Not that I'd expect anything less given his behaviour. But I'd still be bloody angry at him for placing you in a terrible position to ease his own conscience.

Just shitty.

peboh · 02/02/2021 15:15

It's such a shitty position he's put you in. However I don't know that I'd believe a random colleague of my husband.

AlternativePerspective · 02/02/2021 15:16

I would stay out of it. I would tell him he’s a twat, but it’s not your place to start telling the wife etc, especially as you’re not a close friend or family member.

People on here will tell you to give him ultimatums and so on, but it really is none of your business what goes on in their marriage.

Added to which, you have to continue working with this man. Do you really want to come into the middle of his marriage?

Castouttoseea · 02/02/2021 15:17

I'm a very discreet person. That's why I've taken to an anonymous forum to discuss this.

I'm pretty sure he knows I'm discreet.

OP posts:
MaMaD1990 · 02/02/2021 15:17

Just had another thought. Do you think he told you in the hopes you'd tell his wife so he didn't have to?

MaMaD1990 · 02/02/2021 15:17

Or maybe not I'd he knows your discreet! Crossed posts!

Oldbutstillgotit · 02/02/2021 15:18

I have made this comment on similar threads ; I found out that my then best friend’s DH was having an affair. She had always said that she would want to know so, after much thought, I told her .
She hasn’t spoken to me since . She is still with him . A mutual friend says that it was easier to cut off one friend rather than upset her family .
Be careful .

Castouttoseea · 02/02/2021 15:19

No desire to break up his marriage or destroy anyone's life. I won't be doing anything about it, I just wanted to see what you thought?

Now I know a lot of other things make sense. It's odd how things go on under your nose and if you're not looking you ignore.

OP posts:
Castouttoseea · 02/02/2021 15:21

@Oldbutstillgotit - that is a real shame. I'm sorry you've lost your best friend. These men are real gits aren't they?

OP posts:
NurseButtercup · 02/02/2021 15:23

I'm not being howdy, but genuinely curious, if you're not planning to tell his wife, what are you hoping to achieve from this thread?

NurseButtercup · 02/02/2021 15:24

Goady not howdy

Castouttoseea · 02/02/2021 15:26

@NurseButtercup I'm not really trying to achieve anything. I just thought I'd open up the debate on whether you'd want to know or not?

Isn't that what Internet forums like this are for? A bit of debate/opinion? Does everyone told to LTB actually do it because someone on a forum told them to?
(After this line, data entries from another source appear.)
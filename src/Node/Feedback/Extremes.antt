-- ===== src/Node/Feedback/Extremes.antt =====
-- cpp/src/epos_control/src/epos_motor_node.cpp: the extremes that publish_diag_summary computes.
use motor_control.Base.{ℤ, ◌≤ℤ◌, List, [], ◌∷◌, All, arith}
use motor_control.Node.Feedback.{Summary, summarise, add_sample}

-- A sample within the extremes of a summary.
abbrev pub IsWithin : Summary → ℤ → Type 0
IsWithin s dt = (s.min_dt ≤ℤ dt) × (dt ≤ℤ s.max_dt)

add_sample_lem :
    (expected dt : ℤ) (s : Summary)
    → let a = add_sample expected dt s in
      IsWithin a dt × (a.min_dt ≤ℤ s.min_dt) × (s.max_dt ≤ℤ a.max_dt)
unfolding add_sample
add_sample_lem expected dt s = ground arith

-- The extremes only widen.
summarise_widens :
    (expected : ℤ) (dts : List ℤ) (s : Summary)
    → ((summarise expected dts s).min_dt ≤ℤ s.min_dt)
      × (s.max_dt ≤ℤ (summarise expected dts s).max_dt)
unfolding summarise
summarise_widens expected [] s = ground arith
summarise_widens expected (dt ∷ dts) s =
    let a = add_sample expected dt s in
    ground (arith, add_sample_lem expected dt s, summarise_widens expected dts a)

-- Every sample that is summarised lies between the minimum and the maximum of the summary.
pub summarise_bounds :
    (expected : ℤ) (dts : List ℤ) (s : Summary)
    → All (λ dt. IsWithin (summarise expected dts s) dt) dts
unfolding summarise
summarise_bounds expected [] s = tt
summarise_bounds expected (dt ∷ dts) s =
    let a = add_sample expected dt s in
    let w = summarise_widens expected dts a in
    let here : IsWithin (summarise expected dts a) dt =
      ground (arith, add_sample_lem expected dt s, w) in
    (here, summarise_bounds expected dts a)
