-- ===== src/Node/Feedback/Averages.antt =====
-- cpp/src/epos_control/src/epos_motor_node.cpp: the mean period that publish_diag_summary publishes.
use motor_control.Base.{ℕ, ◌*◌, ◌^◌, ◌≤◌, ◌<◌, ◌≡◌, ℤ, pos, ◌≤ℤ◌, List, All, length, map}
use motor_control.Node.State.{Node}
use motor_control.Node.Feedback.{Summary, summarise, no_summary, average, DiagSummary}

-- A summary of `n` samples below 2^31 that are not negative: its sum lies between `n` times its
-- extremes.
pub record Tally (s : Summary) (n : ℕ) : Type 0 where
  pub total : ℕ
  pub low : ℕ
  pub high : ℕ
  pub sum : s.sum_dt ≡ pos total
  pub min : s.min_dt ≡ pos low
  pub max : s.max_dt ≡ pos high
  pub above : n * low ≤ total
  pub below : total ≤ n * high
  pub small : high < 2 ^ 31

-- What a summary of periods promises.
abbrev pub Summarises : List ℕ → DiagSummary → Type 0
Summarises ks r =
    (r.count ≡ length ks)
    × (r.min_dt ≤ℤ r.avg_dt)
    × (r.avg_dt ≤ℤ r.max_dt)
    × All (λ dt. (r.min_dt ≤ℤ dt) × (dt ≤ℤ r.max_dt)) (map pos ks)

-- The summary of what was drained.
abbrev summary_of : ℤ → ℕ → List ℤ → DiagSummary
summary_of expected count dts =
    let s = summarise expected dts no_summary in
    record {
      count = count;
      avg_dt = average s.sum_dt count;
      min_dt = s.min_dt;
      max_dt = s.max_dt;
      avg_jitter = average s.sum_jitter count;
    }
Sorry if I sound rude, I don't mean to be, just putting across my view, it's hard without smiling/body language to get across that you're not being rude.

OP posts:
hushlittlebabydontsayaword · 02/02/2021 15:26

I would give his baggage back to him. 'That's a really shitty thing to do, your poor wife. Maybe you should get some counselling and figure out how to deal with this mess'.

cherrypop86 · 02/02/2021 15:27

I wouldn't do anything. Maybe if they were both very close friends, but he's a work colleague. Keep your personal and professional life separate, it's not worth the risk to your job. He should not have put it on you in the first place but the best thing you could do is keep out of it.

Castouttoseea · 02/02/2021 15:28

@hushlittlebabydontsayaword
No I won't be doing that. It's none of my business. He just wanted to talk to me.